INSTRUCTIONS TO FOLLOW: Provide again, from the entries below, every line from the one containing "abbrev pub keep_max" through the one containing "abbrev pub with_max", exactly as written, and no other line.

Stored items:
+ + + +

-- ===== src/FlowStats.antt =====
-- view/flow-stats.js: the greatest values over the jobs of an execution.
pub mod Greatest
pub mod Update
pub mod Analysis
mod Tests
use Prim.Native.String.{◌++◌ as join_texts}
use azkaban_private.Prelude.Text.{text_length, substring_from}
use azkaban_private.Prelude.Int.{ℤ, pos, ◌+ℤ◌, ◌-ℤ◌, leb_ℤ, scale}
use azkaban_private.Prelude.{
  ℕ, suc, ◌+◌, ◌==◌, leb, if◌then◌else◌, Bool, false, true, Option, none, some, List, [], ◌∷◌, ◌++◌,
  String, lookup, ◌>>=◌, str_eq, not, ◌&&◌,
}

-- A number as the code has it: whole, or NaN.
pub data Amount : Type 0 where
  nan : Amount
  int : ℤ → Amount

-- `a >= b`
abbrev pub at_least : Amount → Amount → Bool
at_least (int a) (int b) = leb_ℤ b a
at_least _ _ = false

abbrev pub add : Amount → Amount → Amount
add (int a) (int b) = int (a +ℤ b)
add _ _ = nan

-- The properties of `stats` that have a greatest value and its job.
pub data Field : Type 0 where
  map_slots reduce_slots job_map_memory_mb job_reduce_memory_mb xmx xms : Field
  file_bytes_read hdfs_bytes_read file_bytes_written hdfs_bytes_written distributed_cache : Field

abbrev pub field_number : Field → ℕ
field_number map_slots = 0
field_number reduce_slots = 1
field_number job_map_memory_mb = 2
field_number job_reduce_memory_mb = 3
field_number xmx = 4
field_number xms = 5
field_number file_bytes_read = 6
field_number hdfs_bytes_read = 7
field_number file_bytes_written = 8
field_number hdfs_bytes_written = 9
field_number distributed_cache = 10

-- Such a property; only `xmx` and `xms` have a text.
pub record Max : Type 0 where
  pub max : Amount
  pub str : Option String
  pub job : Option String

pub record Stats : Type 0 where
  pub maxima : Field → Max
  pub total_map_slots : Amount
  pub total_reduce_slots : Amount
  pub xms_set : Bool
  pub using_cache : Bool

-- `if (value >= stats.field.max) { ... }`
abbrev pub keep_max : Amount → Option String → String → Max → Max
keep_max value str job m =
    if at_least value m.max then record { max = value; str = str; job = some job } else m

unfoldable pub record_max : Field → Amount → Option String → String → (Field → Max) → Field → Max
record_max f value str job maxima g =
    if field_number f == field_number g then keep_max value str job (maxima g) else maxima g

abbrev pub with_max : Field → Amount → Option String → String → Stats → Stats
with_max f value str job s = record s { maxima = record_max f value str job s.maxima }

-- The functions of the engine that the code calls on texts; `parse_int` of an absent property is
-- that of undefined.
pub record Engine : Type 0 where
  pub parse_int : Option String → Amount
  pub is_nan : String → Bool
  pub contains : String → String → Bool
  pub split : String → String → List String
  pub last_char : String → String
  pub without_last : String → String
  pub to_upper_case : String → String

-- What the server sends of a job: the counts of slots, the configuration and the counters, each of
-- which may be absent.
pub record JobStat : Type 0 where
  pub total_mappers : Option String
  pub total_reducers : Option String
  pub conf : Option (List (String × String))
  pub counters : Option (List (String × List (String × String)))

pub record Job : Type 0 where
  pub id : String
  pub start_time : ℤ
  pub end_time : ℤ

pub record Data : Type 0 where
  pub success : Bool
  pub message : Option String
  pub warnings : List String
  pub durations : List (String × ℤ)
  pub stats : Stats
  pub jobs_analyzed : ℕ

module _ (engine : Engine) where
  abbrev pub parse_int : Option String → Amount
  parse_int = engine.parse_int

  abbrev pub times : Amount → ℕ → Amount
  times (int a) n = int (scale a n)
  times nan n = nan

  -- `sizeStrToBytes` of util/common.js.
  unfoldable pub size_str_to_bytes : String → Amount
  size_str_to_bytes str =
      let unit = engine.last_char str in
      let val = parse_int (some (engine.without_last str)) in
      let upper = engine.to_upper_case unit in
      if text_length str == 0
      then int (pos 0)
      else if engine.is_nan unit
      then if str_eq upper "M"
        then times val 1048576
        else if str_eq upper "G"
        then times val 1073741824
        else val
      else parse_int (some str)

  unfoldable pub update_stats_mapred : JobStat → String → Stats → Stats
  update_stats_mapred state job s =
      let mappers = parse_int state.total_mappers in
      let reducers = parse_int state.total_reducers in
      let s' = with_max reduce_slots reducers none job (with_max map_slots mappers none job s) in
      record s' {
        total_map_slots = add s.total_map_slots mappers;
        total_reduce_slots = add s.total_reduce_slots reducers;
      }

  -- The loop over the parts of `mapred.child.java.opts`: a part of four characters at most is left
  -- out altogether.
  unfoldable pub update_option : String → String → Stats → Stats
  update_option part job s =
      let size = substring_from 4 part in
      let val = size_str_to_bytes size in
      let long = not (leb (text_length part) 4) in
      let s' =
        if engine.contains part "Xmx" && long then with_max xmx val (some size) job s else s in
      if engine.contains part "Xms" && long
      then record (with_max xms val (some size) job s') { xms_set = true }
      else s'

  abbrev pub update_options : List String → String → Stats → Stats
  update_options [] job s = s
  update_options (part ∷ parts) job s = update_options parts job (update_option part job s)

  abbrev pub total_size : Amount → List String → Amount
  total_size size [] = size
  total_size size (part ∷ parts) = total_size (add size (parse_int (some part))) parts

  unfoldable pub update_cache : List (String × String) → String → Stats → Stats
  update_cache conf job s = elim (lookup "mapred.cache.files" conf) [
    | none ↦ s
    | some files ↦ elim (lookup "mapred.cache.files.filesizes" conf) [
      | none ↦ s
      | some sizes ↦
          record (with_max distributed_cache (total_size (int (pos 0)) (engine.split sizes ","))
            none job s) { using_cache = true }
    ]
  ]

  -- `updateStatsConf` where there is a configuration; `none` is the TypeError for one without
  -- `mapred.child.java.opts`.
  unfoldable pub update_stats_conf : List (String × String) → String → Stats → Option Stats
  update_stats_conf conf job s =
      let map_memory = parse_int (lookup "mapred.job.map.memory.mb" conf) in
      let reduce_memory = parse_int (lookup "mapred.job.reduce.memory.mb" conf) in
      let s' =
        with_max job_reduce_memory_mb reduce_memory none job
          (with_max job_map_memory_mb map_memory none job s) in
      elim (lookup "mapred.child.java.opts" conf) [
        | none ↦ none
        | some opts ↦ some (update_cache conf job (update_options (engine.split opts " ") job s'))
      ]

  unfoldable pub update_stats_counters : List (String × String) → String → Stats → Stats
  update_stats_counters counters job s =
      let value : String → Amount = λ key. parse_int (lookup key counters) in
      with_max hdfs_bytes_written (value "HDFS_BYTES_WRITTEN") none job (
        with_max hdfs_bytes_read (value "HDFS_BYTES_READ") none job (
          with_max file_bytes_written (value "FILE_BYTES_WRITTEN") none job
            (with_max file_bytes_read (value "FILE_BYTES_READ") none job s)))

  abbrev pub warn : String → String → Data → Data
  warn text job d = record d { warnings = d.warnings ++ join_texts text job ∷ [] }

  abbrev pub with_stats : Stats → Data → Data
  with_stats s d = record d { stats = s }

  -- The counters part of `updateStats`, with its two warnings.
  unfoldable pub count : JobStat → String → Data → Data
  count stat job d = elim stat.counters [
    | none ↦ warn "No job counters available for job " job d
    | some groups ↦ elim (lookup "FileSystemCounters" groups) [
      | none ↦ warn "No FileSystemCounters available for job " job d
      | some counters ↦ with_stats (update_stats_counters counters job d.stats) d
    ]
  ]

  -- `updateStats`
  unfoldable pub update_stats : JobStat → String → Data → Option Data
  update_stats stat job d =
      let d' = with_stats (update_stats_mapred stat job d.stats) d in
      elim stat.conf [
        | none ↦ some (count stat job (warn "No job conf available for job " job d'))
        | some conf ↦
            update_stats_conf conf job d'.stats >>= λ s. some (count stat job (with_stats s d'))
      ]

  unfoldable pub update_all : List JobStat → String → Data → Option Data
  update_all [] job d = some d
  update_all (stat ∷ rest) job d = update_stats stat job d >>= update_all rest job

  -- The loop of `analyzeExecution`. The server answers for a job with the list of its statistics, or
  -- without it; `none` is no answer, after which the code throws.
  unfoldable pub analyze_jobs :
      (String → Option (Option (List JobStat))) → List Job → Data → Option Data
  analyze_jobs fetch [] d = some d
  analyze_jobs fetch (job ∷ jobs) d =
      let d' = record d {
        durations = d.durations ++ (job.id, job.end_time -ℤ job.start_time) ∷ [];
      } in
      elim (fetch job.id) [
        | none ↦ none
        | some answer ↦ elim answer [
          | none ↦ analyze_jobs fetch jobs (warn "No job stats available for job " job.id d')
          | some stats ↦ update_all stats job.id d' >>= λ t.
              analyze_jobs fetch jobs (record t { jobs_analyzed = suc t.jobs_analyzed })
        ]
      ]

  abbrev pub empty_stats : Stats
  empty_stats = record {
    maxima = λ f. record { max = int (pos 0); str = none; job = none };
    total_map_slots = int (pos 0);
    total_reduce_slots = int (pos 0);
    xms_set = false;
    using_cache = false;
  }

  abbrev pub empty_data : Data
  empty_data = record {
    success = false;
    message = none;
    warnings = [];
    durations = [];
    stats = empty_stats;
    jobs_analyzed = 0;
  }

  -- `analyzeExecution`
  unfoldable pub analyze_execution :
      (String → Option (Option (List JobStat))) → List Job → Option Data
  analyze_execution fetch jobs = analyze_jobs fetch jobs empty_data >>= λ d. some (
      if d.jobs_analyzed == 0
      then record d { message = some "There were no job stats provided by any job." }
      else record d { success = true })
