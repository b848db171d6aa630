-- ===== src/FlowStats/Greatest.antt =====
-- `keep_max` over a sequence of observations.
use azkaban_private.Prelude.{
  ◌==◌, ◌≡◌, refl, ◌∙◌, false, true, Option, some, List, [], ◌∷◌, ◌++◌, String, arith, All, Any,
  Bool-cases, inl, inr, ◌⊎◌,
}
use azkaban_private.FlowStats.{Amount, nan, int, at_least, Field, field_number, Max, record_max}

-- A value of a field, with its text and its job.
pub record Observation : Type 0 where
  pub field : Field
  pub value : Amount
  pub str : Option String
  pub job : String

abbrev pub observe : Observation → (Field → Max) → Field → Max
observe o = record_max o.field o.value o.str o.job

abbrev pub observe_all : List Observation → (Field → Max) → Field → Max
observe_all [] maxima = maxima
observe_all (o ∷ os) maxima = observe_all os (observe o maxima)

pub observe_all-append :
    (os qs : List Observation) (maxima : Field → Max)
    → observe_all (os ++ qs) maxima ≡ observe_all qs (observe_all os maxima)
observe_all-append [] qs maxima = refl
observe_all-append (o ∷ os) qs maxima = observe_all-append os qs (observe o maxima)

-- The field's value is no NaN, is at least `low`, at least each observation of the field that is no
-- NaN, and it is as it was or one of these observations, with its text and its job.
pub record IsGreatest (f : Field) (os : List Observation) (before after : Max) : Type 0 where
  pub grows : at_least after.max before.max ≡ true
  pub bounds :
      All
        (λ o.
          (field_number o.field ≡ field_number f)
          → (o.value ≡ nan) ⊎ (at_least after.max o.value ≡ true))
        os
  pub attained :
      (after ≡ before)
      ⊎ Any
          (λ o.
            (field_number o.field ≡ field_number f)
            × (after ≡ record { max = o.value; str = o.str; job = some o.job }))
          os

at_least_trans : (a b c : Amount) → at_least a b ≡ true → at_least b c ≡ true → at_least a c ≡ true
at_least_trans (int a) (int b) (int c) e f = ground arith
at_least_trans nan b c e f = cc
at_least_trans (int a) nan c e f = cc
at_least_trans (int a) (int b) nan e f = cc

at_least_self : (a b : Amount) → at_least a b ≡ true → (at_least a a ≡ true) × (at_least b b ≡ true)
at_least_self (int a) (int b) e = (ground arith, ground arith)
at_least_self nan b e = cc
at_least_self (int a) nan e = cc

not_at_least :
    (a b : Amount) → at_least b b ≡ true → at_least a b ≡ false → (a ≡ nan) ⊎ (at_least b a ≡ true)
not_at_least (int a) (int b) s e = inr (ground arith)
not_at_least nan b s e = inl refl
not_at_least (int a) nan s e = cc

-- One observation, where the field is a number before.
observe-step :
    (f : Field) (o : Observation) (maxima : Field → Max)
    → at_least (maxima f).max (maxima f).max ≡ true
    → let m = observe o maxima f in
      (at_least m.max (maxima f).max ≡ true)
      × (field_number o.field ≡ field_number f → (o.value ≡ nan) ⊎ (at_least m.max o.value ≡ true))
      × ((m ≡ maxima f)
          ⊎ (field_number o.field ≡ field_number f)
            × (m ≡ record { max = o.value; str = o.str; job = some o.job }))
unfolding record_max
observe-step f o maxima known = elim (Bool-cases (field_number o.field == field_number f)) [
  | inl e ↦ elim (Bool-cases (at_least o.value (maxima f).max)) [
    | inl g ↦
        rw (e, g)
          (g, λ same. inr ((at_least_self o.value (maxima f).max g).0), inr (ground arith, refl))
    | inr g ↦ rw (e, g) (known, λ same. not_at_least o.value (maxima f).max known g, inl refl)
  ]
  | inr e ↦ rw e (known, λ same. absurd (ground arith), inl refl)
]

pub observe_all-IsGreatest :
    (f : Field) (os : List Observation) (maxima : Field → Max)
    → at_least (maxima f).max (maxima f).max ≡ true
    → IsGreatest f os (maxima f) (observe_all os maxima f)
observe_all-IsGreatest f [] maxima known = record {
  grows = known;
  bounds = tt;
  attained = inl refl;
}
observe_all-IsGreatest f (o ∷ os) maxima known =
    let next = observe o maxima in
    let last = observe_all os next f in
    let (grew, bound, either) = observe-step f o maxima known in
    let rest =
      observe_all-IsGreatest f os next (at_least_self (next f).max (maxima f).max grew).0 in
    record {
      grows = at_least_trans last.max (next f).max (maxima f).max rest.grows grew;
      bounds = (
        λ same. elim (bound same) [
          | inl n ↦ inl n
          | inr g ↦ inr (at_least_trans last.max (next f).max o.value rest.grows g)
        ],
        rest.bounds,
      );
      attained = elim rest.attained [
        | inl e ↦ elim either [ inl e' ↦ inl (e ∙ e') | inr (same, e') ↦ inr (inl (same, e ∙ e')) ]
        | inr later ↦ inr (inr later)
      ];
    }
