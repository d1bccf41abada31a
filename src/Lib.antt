-- ===== src/Lib.antt =====
-- A model of the parts of this repository's TypeScript that parse, route and reassemble bytes, serve
-- a guest's devices and keep a session with its agent, and the theorems about it. The names of the definitions are the source's, in snake case.
--
-- * Bytes (packages/bytes/src/index.ts): the unsigned integer types, each with its size, its get and
--   its set, over the platform's DataView; the sequential Reader, and Bytes, the buffer that doubles. An array is a list of numbers. What throws
--   returns a Result. Bytes/Buffer runs the doubling loop on fuel, one more than the capacity
--   asked for, which is enough from every array that is not empty.
-- * Wasm (packages/kernel/src/wasm_binary.ts): the reader that recovers a module's memory limits and
--   the signatures of its function imports. Wasm/Cursor is the class Cursor, with its LEB128 readers;
--   Wasm/Types reads and skips types, Wasm/Memories reads sections for read_wasm_memories, and
--   Wasm/Functions does so for read_wasm_function_imports. A cursor is passed on by each reader.
--   read_sections has one round for each byte of the module, which is enough since every section
--   takes at least one. The platform's text decoder is a parameter.
-- * Network (packages/linux-guest/src/network.ts): the gateway between the guests' Ethernet and the
--   host. Network/Checksum and Network/Packet have the headers, the parsers and the writers;
--   Network/Reassembly is reassemble_ip with its table, and send_ip's fragments; Network/Tcp is a
--   flow, from process_tcp down, as a function from a flow and a segment to a flow and actions.
--   The folding loop of the checksum runs on fuel, enough for sums below 2 ^ 32. A readable stream
--   is what has been put into it; reads by the host do not happen during a step.
-- * Virtio (packages/kernel/src/virtio): Virtio/Switch is the learning Ethernet switch of net.ts, and
--   Virtio/Queue the packed ring of queue.ts. The loop over a chain has as much fuel as the ring has
--   places, and a throw keeps the queue with its cursor advanced; the descriptor at an address outside
--   the ring is a parameter. Virtio/Vsock is a connection of vsock.ts with its credit, Virtio/Ports the device's
--   table of connections and what a guest's packet does to it, the packets sent back and the throw of
--   #flush on a bad receive buffer included; Virtio/Receiving is RxQueue of rx.ts, whose post may
--   end with a throw of the queue's iteration.
--   Reading and writing have a round for each byte, since each round but the last moves a byte at
--   least.
-- * Virtio/Block (packages/kernel/src/virtio/block.ts): a request on the block device. A view is the
--   number of its buffer, an offset and a length. The storage is a parameter: functions over a world,
--   which is its own state and the guest's memory. That its calls move the first of the bytes asked
--   for, and return their number, is the hypothesis of the theorems.
-- * Virtio/Fs (packages/kernel/src/virtio/fs.ts): the table of nodes that the guest of a filesystem
--   device knows, its open handles, and the requests that change them. notify serves the requests of
--   one queue, each to its end before the next; that the other queue's requests may be served while
--   one awaits the backend is not modelled.
--   What the backend returns is an argument of the request. collect_record has a round for each id,
--   which is enough since each round but the last deletes a record. Virtio/Fs/Buffers joins the bytes
--   of a chain, and scatters an answer.
-- * Http (packages/linux-guest/src/http.ts): Http/Reader is ByteReader, over a stream that is the list
--   of the chunks to come; Http/Chunked is chunked_body, one pull at a time, and Http/Encoder
--   chunked_encoder. The platform's text decoder, from bytes to the UTF-16 units of the text, is a
--   parameter; that it decodes ASCII to itself is the hypothesis of the theorems. The matcher for the size line has a state for each place of
--   the regular expression. The trailer lines have fuel, for which their number is enough.
-- * Guest (packages/linux-guest/src): Guest/Session is the class GuestSession of conn.ts, and
--   Guest/Session/Steps what happens to it: calls, connections made and failed, exchanges that end or
--   throw, and the end of the session, in any order. Guest/Dirents is parse_dirents of abi.ts, over a
--   text decoder that is a parameter, with a round for each byte of the buffer, which is enough since
--   a record takes 19 at least. Guest/Status has the wait-status macros of abi.ts, and how #reap of
--   process.ts reports the end of a process.
--
-- The gateway's frames go through the switch's ports to the guests' devices, which take and give back
-- ring descriptors; the packets are laid out with the integer types of Bytes.
--
-- Common has what all parts share: tests on numbers, lists with native lengths, results.
--
-- Not modelled: promises and timers, beyond the actions that a step emits and the steps of a session;
-- WebAssembly memories and workers; the wire structs of the filesystem's requests and answers; the
-- console device; the requests to the guest agent; the adapters between HTTP and fetch; the web site;
-- the distribution's recipes, patches and C programs.
pub mod Common
pub mod Bytes
pub mod Guest
pub mod Http
pub mod Network
pub mod Virtio
pub mod Wasm
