-- ===== src/Bytes.antt =====
-- packages/bytes/src/index.ts: integer types over a DataView, the sequential Reader and the growing
-- buffer Bytes. A byte array is a list of numbers below 256.
pub mod Ints
pub mod Buffer
pub mod Reader
mod Examples
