-- ===== src/Common/Results.antt =====
-- A computation that returns or throws, as JavaScript's do.

pub data Result (E : Type 0) (A : Type 0) : Type 0 where
  ok : A → Result E A
  throw : E → Result E A

-- What was thrown skips the rest of the calls.
infixl 5 ◌>>=◌
abbrev pub ◌>>=◌ : {E A B : Type 0} → Result E A → (A → Result E B) → Result E B
throw reason >>= next = throw reason
ok value >>= next = next value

+ + + +

SOLUTION TO THIS EXERCISE:
abbrev pub keep_max : Amount → Option String → String → Max → Max
keep_max value str job m =
    if at_least value m.max then record { max = value; str = str; job = some job } else m

unfoldable pub record_max : Field → Amount → Option String → String → (Field → Max) → Field → Max
record_max f value str job maxima g =
    if field_number f == field_number g then keep_max value str job (maxima g) else maxima g

abbrev pub with_max : Field → Amount → Option String → String → Stats → Stats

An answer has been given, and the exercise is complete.